1. Technical Field of the Invention
The present invention relates generally to the field of image acquisition. More specifically, the present invention relates to systems and methods for obtaining and processing images of fingerprints for navigation and recognition purposes.
2. Description of Related Art
The use of fingerprints for identification purposes can be dated back for centuries. For example, in 14th century Persia, various official government papers included fingerprints (impressions), and one government official observed that no two fingerprints were exactly alike. In recent times, fingerprints play an important role in what is known as biometrics, which refers to the identification of an individual based on his or her physiological or behavioral characteristics. Biometrics enables automatic personal identification for a number of applications, such as criminal investigations, physical access to facilities and electronic access to computers and/or data on computer systems.
Fingerprints can now be acquired directly in the form of a digital image, without the need for an intermediate step of obtaining an impression of the fingerprint on paper, as was traditionally done. Digital fingerprints can be stored and processed in subsequent fingerprint enhancing and fingerprint matching applications. In order to capture a fingerprint image with enough features for recognition, a certain resolution and finger tip area are required. For example, the Federal Bureau of Investigations (FBI) recommends a 12×16 mm finger tip area, with 400 dpi resolution. In other applications where size and cost are important factors, smaller finger tip areas, with the same or lower resolutions, can be used. For example, a 9×12 mm finger tip area, with a resolution as low as 300 dpi, has been used in many applications. However, in smaller area and/or lower resolution fingerprint imaging applications, the finger-recognition algorithmic performance is usually inferior due to the reduction in the number of captured features.
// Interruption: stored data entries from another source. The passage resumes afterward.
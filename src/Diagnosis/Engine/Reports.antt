-- ===== src/Diagnosis/Engine/Reports.antt =====
-- diagnosis/engine.go, Diagnose: what every report that it gives satisfies.
use amp_sentinel.Prelude.{
  ℕ, ◌≤◌, ◌≡◌, refl, Bool, true, false, List, Option, none, some, arith, if◌then◌else◌,
}
use mathlib.Core.Path.{subst}
use amp_sentinel.Prelude.Text.{Text, text_eq, one_of}
use amp_sentinel.Intake.Event.{RawEvent}
use amp_sentinel.Diagnosis.Types.{
  DiagnosisJson, QualityScore, high, medium, low, valid_confidence_labels,
}
use amp_sentinel.Diagnosis.Parse.Valid.{IsValid}
use amp_sentinel.Diagnosis.Report.{Report}
use amp_sentinel.Diagnosis.Reuse.{build_reused_report}
use amp_sentinel.Diagnosis.Reuse.Safe.{with_flags-fields}
use amp_sentinel.Diagnosis.Heuristics.{detect_confidence}
use amp_sentinel.Diagnosis.Assembly.{
  Run, zero_score, blank_report, failed_report, structured_report, heuristic_report, build_report,
}
use amp_sentinel.Diagnosis.Engine.{ok}

-- A report with a structured answer repeats the verdict of that answer, which meets the conditions of validation; one
-- without has no score.
abbrev pub IsBacked : Option DiagnosisJson → Report → Type 0
IsBacked none r = r.quality_score.normalized ≡ 0
IsBacked (some d) r =
    IsValid d
    × (r.summary ≡ d.summary)
    × (r.has_issue ≡ d.conclusion.has_issue)
    × (r.confidence ≡ d.conclusion.confidence_label)
    × (r.final_confidence ≡ d.conclusion.confidence)

pub record IsSoundReport (r : Report) : Type 0 where
  pub label : one_of valid_confidence_labels r.confidence ≡ true
  pub final_label : r.final_conf_label ≡ r.confidence
  pub score : r.quality_score.normalized ≤ 100
  pub backed : IsBacked r.structured_result r

-- An answer with its score.
abbrev pub IsSoundAnswer : Option (DiagnosisJson × QualityScore) → Type 0
IsSoundAnswer none = Unit {0}
IsSoundAnswer (some (d, q)) = IsValid d × (q.normalized ≤ 100)

abbrev pub IsValidOption : Option DiagnosisJson → Type 0
IsValidOption none = Unit {0}
IsValidOption (some d) = IsValid d

ok_report : {r s : Report} → ok r ≡ ok s → r ≡ s
ok_report e = ground (arith, e)

labels_known :
    (one_of valid_confidence_labels low ≡ true)
    × (one_of valid_confidence_labels medium ≡ true)
    × (one_of valid_confidence_labels high ≡ true)
unfolding low medium high text_eq
labels_known = (refl, refl, refl)

detect_confidence-known :
    (to_lower : Text → Text) (s : Text)
    → one_of valid_confidence_labels (detect_confidence to_lower s) ≡ true
unfolding detect_confidence
detect_confidence-known to_lower s = ground (arith, labels_known)

failed-IsSoundReport : (run : Run) → IsSoundReport (failed_report run)
unfolding failed_report blank_report zero_score
failed-IsSoundReport run = record {
  label = labels_known.0;
  final_label = refl;
  score = omega arith;
  backed = refl;
}

heuristic-IsSoundReport :
    (to_lower : Text → Text) (run : Run) → IsSoundReport (heuristic_report to_lower run)
unfolding heuristic_report blank_report zero_score
heuristic-IsSoundReport to_lower run = record {
  label = detect_confidence-known to_lower run.result.result;
  final_label = refl;
  score = ground arith;
  backed = ground arith;
}

structured-IsSoundReport :
    (run : Run) (d : DiagnosisJson) (q : QualityScore)
    → IsValid d
    → q.normalized ≤ 100
    → IsSoundReport (structured_report run d q)
unfolding structured_report
structured-IsSoundReport run d q v b = record {
  label = v.label_known;
  final_label = refl;
  score = b;
  backed = (v, refl, refl, refl, refl);
}

choose-IsSoundReport :
    (b : Bool) (x y : Report)
    → IsSoundReport x
    → IsSoundReport y
    → IsSoundReport (if b then x else y)
choose-IsSoundReport true x y p q = p
choose-IsSoundReport false x y p q = q

pub build_report-IsSoundReport :
    (to_lower : Text → Text) (run : Run) (o : Option (DiagnosisJson × QualityScore))
    → IsSoundAnswer o
    → IsSoundReport (build_report to_lower run o)
unfolding build_report
build_report-IsSoundReport to_lower run none h =
    choose-IsSoundReport run.result.is_error _ _ (failed-IsSoundReport run)
      (heuristic-IsSoundReport to_lower run)
build_report-IsSoundReport to_lower run (some (d, q)) h =
    choose-IsSoundReport run.result.is_error _ _ (failed-IsSoundReport run)
      (structured-IsSoundReport run d q h.0 h.1)

pub carried : {x r : Report} → ok x ≡ ok r → IsSoundReport x → IsSoundReport r
carried e h = subst IsSoundReport (ok_report e) h

pub build_reused-IsSoundReport :
    (r : Report) (event : RawEvent) (name current fingerprint : Text) (flags : List Text) (now : ℕ)
    → IsSoundReport r
    → IsSoundReport (build_reused_report r event name current fingerprint flags now)
unfolding build_reused_report
build_reused-IsSoundReport r event name current fingerprint flags now h = record {
  label = h.label;
  final_label = h.final_label;
  score = ground (arith, h.score, with_flags-fields r.quality_score flags);
  backed = kept r.structured_result h.backed;
}
  where
    kept :
        (o : Option DiagnosisJson)
        → IsBacked o r
        → IsBacked o (build_reused_report r event name current fingerprint flags now)
    kept none b = ground (arith, b, with_flags-fields r.quality_score flags)
    kept (some d) b = b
For some applications, dedicating an area of even 9×12 mm to capture a fingerprint image is undesirable. For example, in the design of cell phones, laptop computers, personal digital assistants, electronic mice and other electronic devices, there is a trend towards miniaturization of the device itself, while at the same time offering more features. Therefore, in order to provide finger recognition capabilities on such electronic devices, the sensing area needs to be as small as possible. However, there is not currently a fingerprint scanner available that has a small enough sensing area for implementation on such electronic devices, while still enabling adequate finger-recognition algorithmic performance.
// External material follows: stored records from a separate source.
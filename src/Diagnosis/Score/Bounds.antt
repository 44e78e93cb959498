-- ===== src/Diagnosis/Score/Bounds.antt =====
-- diagnosis/scoring.go: the range of each dimension and of the total.
use native.Mathlib.Nat.{div-le_of_le-mul, le-div_iff_mul-le, le_antisymm}
use amp_sentinel.Prelude.{ℕ, ◌*◌, ◌/◌, ◌≤◌, ◌<◌, ◌≡◌, ◌↔◌, List, arith, ltb, if◌then◌else◌, length}
use amp_sentinel.Prelude.Int.{ℤ, negsuc, pos_part, neg_part}
use amp_sentinel.Prelude.Text.{Text}
use amp_sentinel.Diagnosis.Types.{DiagnosisJson, QualityScore}
use amp_sentinel.Diagnosis.Score.{
  score_schema, score_evidence, score_verification_steps, score_coherence, score_actionable,
  score_non_code_path, score_quality, normalize_score, max_possible_of, total_of, assess,
  with_verification, has_code_evidence,
}

pub score_schema-le : (d : DiagnosisJson) → score_schema d ≤ 20
unfolding score_schema
score_schema-le d = ground arith

pub score_verification_steps-le : (d : DiagnosisJson) → score_verification_steps d ≤ 20
unfolding score_verification_steps
score_verification_steps-le d = ground arith

pub score_evidence-le : (d : DiagnosisJson) → score_evidence d ≤ 20
unfolding score_evidence
score_evidence-le d = ground (arith, score_verification_steps-le d)

pub score_coherence-le : (d : DiagnosisJson) → score_coherence d ≤ 15
unfolding score_coherence
score_coherence-le d = ground arith

pub score_actionable-le : (d : DiagnosisJson) → score_actionable d ≤ 15
unfolding score_actionable
score_actionable-le d = ground arith

pub score_non_code_path-le : (d : DiagnosisJson) → score_non_code_path d ≤ 10
unfolding score_non_code_path
score_non_code_path-le d = ground arith

-- A dimension that does not apply is -1; else it lies between 0 and `top`.
abbrev pub DimensionIn : ℕ → ℤ → Type 0
DimensionIn top v = (pos_part v ≤ top) × (neg_part v ≤ 1)

pub record InRange (s : QualityScore) : Type 0 where
  pub schema_range : s.schema ≤ 20
  pub evidence_range : s.evidence ≤ 20
  pub code_verify_range : DimensionIn 20 s.code_verify
  pub coherence_range : s.coherence ≤ 15
  pub actionable_range : s.actionable ≤ 15
  pub non_code_path_range : DimensionIn 10 s.non_code_path

pub score_quality-InRange : (d : DiagnosisJson) → InRange (score_quality d)
unfolding score_quality
score_quality-InRange d = record {
  schema_range = score_schema-le d;
  evidence_range = score_evidence-le d;
  code_verify_range = omega arith;
  coherence_range = score_coherence-le d;
  actionable_range = score_actionable-le d;
  non_code_path_range = ground (arith, score_non_code_path-le d);
}

-- A part of a positive maximum, in percent, rounded down.
pub percent-le : (t m : ℕ) → t ≤ m → 0 < m → t * 100 / m ≤ 100
percent-le t m h p = div-le_of_le-mul m (omega arith)

pub percent_full : (t m : ℕ) → t ≤ m → 0 < m → (t * 100 / m ≡ 100) ↔ (t ≡ m)
percent_full t m h p =
    let reach = le-div_iff_mul-le {k = m} {x = 100} {y = t * 100} p in
    (
      λ e. omega (arith, reach.0 (omega arith)),
      λ e. le_antisymm (percent-le t m h p) (reach.1 (omega arith)),
    )

pub total_of-le : (s : QualityScore) → InRange s → total_of s ≤ max_possible_of s
unfolding total_of max_possible_of
total_of-le s r = ground arith

pub max_possible_of-cases : (s : QualityScore) → (0 < max_possible_of s) × (max_possible_of s ≤ 100)
unfolding max_possible_of
max_possible_of-cases s = ground arith

-- Dimensions in range give a total of 0 to 100 percent, and the full 100 only for full marks.
pub normalize_score_bounds :
    (s : QualityScore)
    → InRange s
    → ((normalize_score s).1 ≤ 100)
      × (((normalize_score s).1 ≡ 100) ↔ (total_of s ≡ max_possible_of s))
unfolding normalize_score
normalize_score_bounds s r =
    let fits = total_of-le s r in
    let top = max_possible_of-cases s in
    ground (
      arith,
      percent-le (total_of s) (max_possible_of s) fits top.0,
      percent_full (total_of s) (max_possible_of s) fits top.0,
    )

-- What `VerifyCodeLocations` returns for a diagnosis: -1 without locations, else 0 to 20.
pub record IsVerified (d : DiagnosisJson) (v : ℤ) : Type 0 where
  pub range : DimensionIn 20 v
  pub absent : length d.code_locations ≡ 0 → v ≡ negsuc 0
  pub present : 0 < length d.code_locations → neg_part v ≡ 0

module _ (d : DiagnosisJson) (v : ℤ) (fs : List Text) (h : IsVerified d v) where
  with_verification-InRange : InRange (with_verification d v fs)
  unfolding with_verification
  with_verification-InRange = let r = score_quality-InRange d in ground arith

  -- A diagnosis with code locations is scored over 90 points; one without over 80, or over 100 if
  -- some evidence claims to be code.
  max_possible_of-with_verification :
      max_possible_of (with_verification d v fs)
      ≡ (if ltb 0 (length d.code_locations) then 90 else if has_code_evidence d then 100 else 80)
  unfolding with_verification max_possible_of score_quality
  max_possible_of-with_verification = ground (arith, h.absent, h.present)

  -- A normalised score is at most 100. Where `VerifyCodeLocations` answers as it does (-1 exactly
  -- without locations, else 0 to 20), the points it is taken from are 90 with code locations, and
  -- without them 100 if some evidence claims to be code and 80 if none does. The score is 100
  -- exactly when every dimension that applies has full marks.
  pub assess_bounds :
      ((assess d v fs).normalized ≤ 100)
      × ((assess d v fs).max_possible ≡ (
          if ltb 0 (length d.code_locations) then 90 else if has_code_evidence d then 100 else 80))
      × (((assess d v fs).normalized ≡ 100)
          ↔ (total_of (with_verification d v fs) ≡ (assess d v fs).max_possible))
  unfolding assess normalize_score
  assess_bounds =
      let b = normalize_score_bounds (with_verification d v fs) with_verification-InRange in
      (b.0, max_possible_of-with_verification, b.1)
Another feature many electronic devices also provide is a navigation mechanism for controlling a cursor or pointer on a screen. By far, the most popular navigation mechanism in PC usage is the mouse. Recently, optical mice have been developed that are able to navigate on nearly any arbitrary surface using a tracking algorithm that correlates sequential images in the direction of movement. For example, U.S. Pat. No. 6,281,882, entitled PROXIMITY DETECTOR FOR A SEEING EYE MOUSE, which is hereby incorporated by reference in its entirety, describes an optical mouse that images the spatial features of a surface below the mouse and compares successive images to ascertain the direction and amount of movement. In addition, as described in U.S. Pat. No. 6,057,540, entitled MOUSELESS OPTICAL AND POSITION TRANSLATION TYPE SCREEN POINTER CONTROL FOR A COMPUTER SYSTEM, which is hereby incorporated by reference in its entirety, an optical finger navigation device has also been developed that detects motion of the finger and translates the finger motion into corresponding motion of the cursor or pointer on the screen.
Placing separate sensing areas for finger recognition and finger navigation on the same electronic device is inefficient from both a cost perspective and a space perspective. However, there is not currently a fingerprint scanner available capable of performing both finger recognition and finger navigation. Therefore, what is needed is an optical mechanism of combining finger recognition and finger navigation using a single sensing area of a size sufficiently small for integration with electronic devices. In addition, what is needed is a cost-effective imaging system capable of performing both finger recognition and finger navigation, while minimizing power consumption and space required on small and/or portable electronic devices.